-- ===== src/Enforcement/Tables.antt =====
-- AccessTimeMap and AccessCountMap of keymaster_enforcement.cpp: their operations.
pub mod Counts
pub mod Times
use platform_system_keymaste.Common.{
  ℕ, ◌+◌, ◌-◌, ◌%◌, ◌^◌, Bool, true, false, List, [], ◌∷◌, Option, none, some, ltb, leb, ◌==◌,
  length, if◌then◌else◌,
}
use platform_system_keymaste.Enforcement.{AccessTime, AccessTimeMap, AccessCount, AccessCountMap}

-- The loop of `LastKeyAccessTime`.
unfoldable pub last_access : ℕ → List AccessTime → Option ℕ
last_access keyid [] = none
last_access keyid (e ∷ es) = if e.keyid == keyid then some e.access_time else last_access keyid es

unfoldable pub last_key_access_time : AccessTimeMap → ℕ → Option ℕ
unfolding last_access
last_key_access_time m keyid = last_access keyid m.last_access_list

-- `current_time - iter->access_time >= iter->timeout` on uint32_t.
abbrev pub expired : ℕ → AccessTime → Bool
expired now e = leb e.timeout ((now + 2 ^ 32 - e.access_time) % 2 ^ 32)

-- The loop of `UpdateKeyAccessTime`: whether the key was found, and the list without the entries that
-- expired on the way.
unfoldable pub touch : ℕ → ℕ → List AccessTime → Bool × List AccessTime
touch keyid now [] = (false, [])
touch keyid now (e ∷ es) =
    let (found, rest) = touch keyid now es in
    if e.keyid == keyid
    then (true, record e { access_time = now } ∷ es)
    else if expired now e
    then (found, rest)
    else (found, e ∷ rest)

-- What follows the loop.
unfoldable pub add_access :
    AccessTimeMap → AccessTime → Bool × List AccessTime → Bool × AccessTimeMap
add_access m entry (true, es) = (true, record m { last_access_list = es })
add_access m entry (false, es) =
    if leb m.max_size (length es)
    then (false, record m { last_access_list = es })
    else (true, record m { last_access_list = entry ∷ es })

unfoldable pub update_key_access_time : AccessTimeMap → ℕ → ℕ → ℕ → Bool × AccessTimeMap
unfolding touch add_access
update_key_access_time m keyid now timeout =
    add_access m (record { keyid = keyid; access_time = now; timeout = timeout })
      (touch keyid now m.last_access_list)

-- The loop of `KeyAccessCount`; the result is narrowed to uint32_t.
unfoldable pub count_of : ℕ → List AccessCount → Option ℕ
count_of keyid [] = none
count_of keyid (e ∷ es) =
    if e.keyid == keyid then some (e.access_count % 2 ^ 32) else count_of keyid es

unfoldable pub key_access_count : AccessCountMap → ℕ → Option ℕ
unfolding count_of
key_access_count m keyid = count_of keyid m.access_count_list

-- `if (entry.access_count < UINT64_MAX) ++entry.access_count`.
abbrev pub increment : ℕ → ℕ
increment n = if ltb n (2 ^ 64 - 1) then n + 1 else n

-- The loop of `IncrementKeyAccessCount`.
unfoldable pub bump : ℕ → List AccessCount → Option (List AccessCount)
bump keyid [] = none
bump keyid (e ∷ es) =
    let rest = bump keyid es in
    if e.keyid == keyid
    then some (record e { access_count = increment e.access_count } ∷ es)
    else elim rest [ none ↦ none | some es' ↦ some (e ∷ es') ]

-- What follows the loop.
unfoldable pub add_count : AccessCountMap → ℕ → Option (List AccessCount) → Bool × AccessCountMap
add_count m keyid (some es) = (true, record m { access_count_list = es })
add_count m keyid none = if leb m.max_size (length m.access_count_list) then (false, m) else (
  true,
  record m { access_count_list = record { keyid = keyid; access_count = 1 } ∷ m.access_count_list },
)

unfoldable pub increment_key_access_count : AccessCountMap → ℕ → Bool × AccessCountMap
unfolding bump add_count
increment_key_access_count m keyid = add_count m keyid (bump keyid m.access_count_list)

--

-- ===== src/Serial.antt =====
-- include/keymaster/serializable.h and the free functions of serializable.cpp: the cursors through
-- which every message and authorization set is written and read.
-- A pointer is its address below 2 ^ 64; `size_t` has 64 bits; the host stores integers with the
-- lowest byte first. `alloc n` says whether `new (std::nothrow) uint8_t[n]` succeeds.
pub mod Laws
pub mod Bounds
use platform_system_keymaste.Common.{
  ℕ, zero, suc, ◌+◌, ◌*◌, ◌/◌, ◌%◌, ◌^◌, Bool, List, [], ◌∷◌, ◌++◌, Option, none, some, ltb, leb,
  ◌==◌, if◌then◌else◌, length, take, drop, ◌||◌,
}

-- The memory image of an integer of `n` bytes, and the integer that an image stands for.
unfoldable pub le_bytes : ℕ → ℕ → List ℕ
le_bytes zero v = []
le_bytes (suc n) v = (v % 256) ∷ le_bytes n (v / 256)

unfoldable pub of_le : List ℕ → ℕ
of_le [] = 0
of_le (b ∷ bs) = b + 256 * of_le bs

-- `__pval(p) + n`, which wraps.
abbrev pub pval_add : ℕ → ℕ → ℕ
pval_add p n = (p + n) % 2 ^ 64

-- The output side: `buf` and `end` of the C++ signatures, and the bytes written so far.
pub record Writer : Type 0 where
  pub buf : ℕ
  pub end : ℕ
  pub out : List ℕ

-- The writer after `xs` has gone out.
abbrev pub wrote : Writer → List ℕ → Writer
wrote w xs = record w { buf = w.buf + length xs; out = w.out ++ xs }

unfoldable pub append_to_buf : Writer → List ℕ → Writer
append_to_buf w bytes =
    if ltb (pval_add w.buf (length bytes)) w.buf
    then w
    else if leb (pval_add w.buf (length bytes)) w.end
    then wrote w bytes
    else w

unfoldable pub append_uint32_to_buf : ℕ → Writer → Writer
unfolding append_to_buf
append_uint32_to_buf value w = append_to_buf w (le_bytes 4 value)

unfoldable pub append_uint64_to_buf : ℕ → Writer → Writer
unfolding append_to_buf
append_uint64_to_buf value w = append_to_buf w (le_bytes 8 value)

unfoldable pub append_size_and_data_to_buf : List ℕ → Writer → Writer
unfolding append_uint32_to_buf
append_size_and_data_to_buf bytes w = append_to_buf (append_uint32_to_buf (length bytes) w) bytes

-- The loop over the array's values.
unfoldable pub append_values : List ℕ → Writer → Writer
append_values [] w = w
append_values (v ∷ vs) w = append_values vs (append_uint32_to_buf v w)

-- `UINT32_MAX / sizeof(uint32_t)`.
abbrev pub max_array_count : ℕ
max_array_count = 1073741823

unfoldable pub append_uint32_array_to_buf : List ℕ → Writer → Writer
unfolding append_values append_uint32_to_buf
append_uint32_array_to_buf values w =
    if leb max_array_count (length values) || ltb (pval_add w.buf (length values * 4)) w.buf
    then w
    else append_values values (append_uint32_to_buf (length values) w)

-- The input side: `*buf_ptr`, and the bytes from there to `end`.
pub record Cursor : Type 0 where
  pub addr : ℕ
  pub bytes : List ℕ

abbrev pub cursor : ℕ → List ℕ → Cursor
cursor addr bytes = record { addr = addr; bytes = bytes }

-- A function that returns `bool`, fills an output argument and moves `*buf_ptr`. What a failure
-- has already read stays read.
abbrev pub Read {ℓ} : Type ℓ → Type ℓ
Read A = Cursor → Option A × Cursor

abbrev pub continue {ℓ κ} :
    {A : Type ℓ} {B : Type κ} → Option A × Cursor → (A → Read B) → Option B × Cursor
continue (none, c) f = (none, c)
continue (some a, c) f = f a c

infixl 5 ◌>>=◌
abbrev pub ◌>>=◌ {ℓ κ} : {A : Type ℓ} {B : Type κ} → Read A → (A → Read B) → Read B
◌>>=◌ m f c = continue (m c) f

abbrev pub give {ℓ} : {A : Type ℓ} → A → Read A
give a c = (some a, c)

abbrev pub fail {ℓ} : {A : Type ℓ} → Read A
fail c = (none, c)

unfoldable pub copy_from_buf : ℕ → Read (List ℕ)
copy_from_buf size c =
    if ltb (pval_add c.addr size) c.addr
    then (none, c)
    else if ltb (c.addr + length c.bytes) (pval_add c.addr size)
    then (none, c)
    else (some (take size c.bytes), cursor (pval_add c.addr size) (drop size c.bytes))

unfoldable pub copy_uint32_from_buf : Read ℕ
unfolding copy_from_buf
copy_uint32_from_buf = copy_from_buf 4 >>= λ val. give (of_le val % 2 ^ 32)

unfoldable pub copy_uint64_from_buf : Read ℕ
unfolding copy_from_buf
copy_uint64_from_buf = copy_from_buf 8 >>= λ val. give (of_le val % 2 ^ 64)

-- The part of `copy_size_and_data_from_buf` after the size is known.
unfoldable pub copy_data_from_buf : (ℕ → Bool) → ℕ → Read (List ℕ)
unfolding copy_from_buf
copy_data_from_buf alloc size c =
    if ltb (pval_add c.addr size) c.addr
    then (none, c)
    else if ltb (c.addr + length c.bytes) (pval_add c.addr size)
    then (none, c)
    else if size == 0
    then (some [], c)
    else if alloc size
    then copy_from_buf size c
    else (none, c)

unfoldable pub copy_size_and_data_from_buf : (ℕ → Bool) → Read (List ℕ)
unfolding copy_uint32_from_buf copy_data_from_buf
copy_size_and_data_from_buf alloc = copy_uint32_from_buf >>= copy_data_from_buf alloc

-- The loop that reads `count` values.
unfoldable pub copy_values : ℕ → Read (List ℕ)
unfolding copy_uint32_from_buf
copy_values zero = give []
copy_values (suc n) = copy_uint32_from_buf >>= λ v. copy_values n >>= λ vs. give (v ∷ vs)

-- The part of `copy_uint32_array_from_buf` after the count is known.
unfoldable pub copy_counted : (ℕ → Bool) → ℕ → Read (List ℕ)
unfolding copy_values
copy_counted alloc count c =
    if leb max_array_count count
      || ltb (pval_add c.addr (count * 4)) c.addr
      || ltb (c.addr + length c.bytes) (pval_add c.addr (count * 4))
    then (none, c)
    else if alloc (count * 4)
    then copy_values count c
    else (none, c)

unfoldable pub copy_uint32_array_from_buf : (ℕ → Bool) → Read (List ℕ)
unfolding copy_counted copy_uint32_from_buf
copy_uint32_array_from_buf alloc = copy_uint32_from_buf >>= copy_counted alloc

- **Problem**:
Your task is to retype the entries verbatim, starting with the line that holds "abbrev pub Read" and stopping after the line that holds "size is known.".

- **Answer section**:
abbrev pub Read {ℓ} : Type ℓ → Type ℓ
Read A = Cursor → Option A × Cursor

abbrev pub continue {ℓ κ} :
    {A : Type ℓ} {B : Type κ} → Option A × Cursor → (A → Read B) → Option B × Cursor
continue (none, c) f = (none, c)
continue (some a, c) f = f a c

infixl 5 ◌>>=◌
abbrev pub ◌>>=◌ {ℓ κ} : {A : Type ℓ} {B : Type κ} → Read A → (A → Read B) → Read B
◌>>=◌ m f c = continue (m c) f

abbrev pub give {ℓ} : {A : Type ℓ} → A → Read A
give a c = (some a, c)

abbrev pub fail {ℓ} : {A : Type ℓ} → Read A
fail c = (none, c)

unfoldable pub copy_from_buf : ℕ → Read (List ℕ)
copy_from_buf size c =
    if ltb (pval_add c.addr size) c.addr
    then (none, c)
    else if ltb (c.addr + length c.bytes) (pval_add c.addr size)
    then (none, c)
    else (some (take size c.bytes), cursor (pval_add c.addr size) (drop size c.bytes))

unfoldable pub copy_uint32_from_buf : Read ℕ
unfolding copy_from_buf
copy_uint32_from_buf = copy_from_buf 4 >>= λ val. give (of_le val % 2 ^ 32)

unfoldable pub copy_uint64_from_buf : Read ℕ
unfolding copy_from_buf
copy_uint64_from_buf = copy_from_buf 8 >>= λ val. give (of_le val % 2 ^ 64)

-- The part of `copy_size_and_data_from_buf` after the size is known.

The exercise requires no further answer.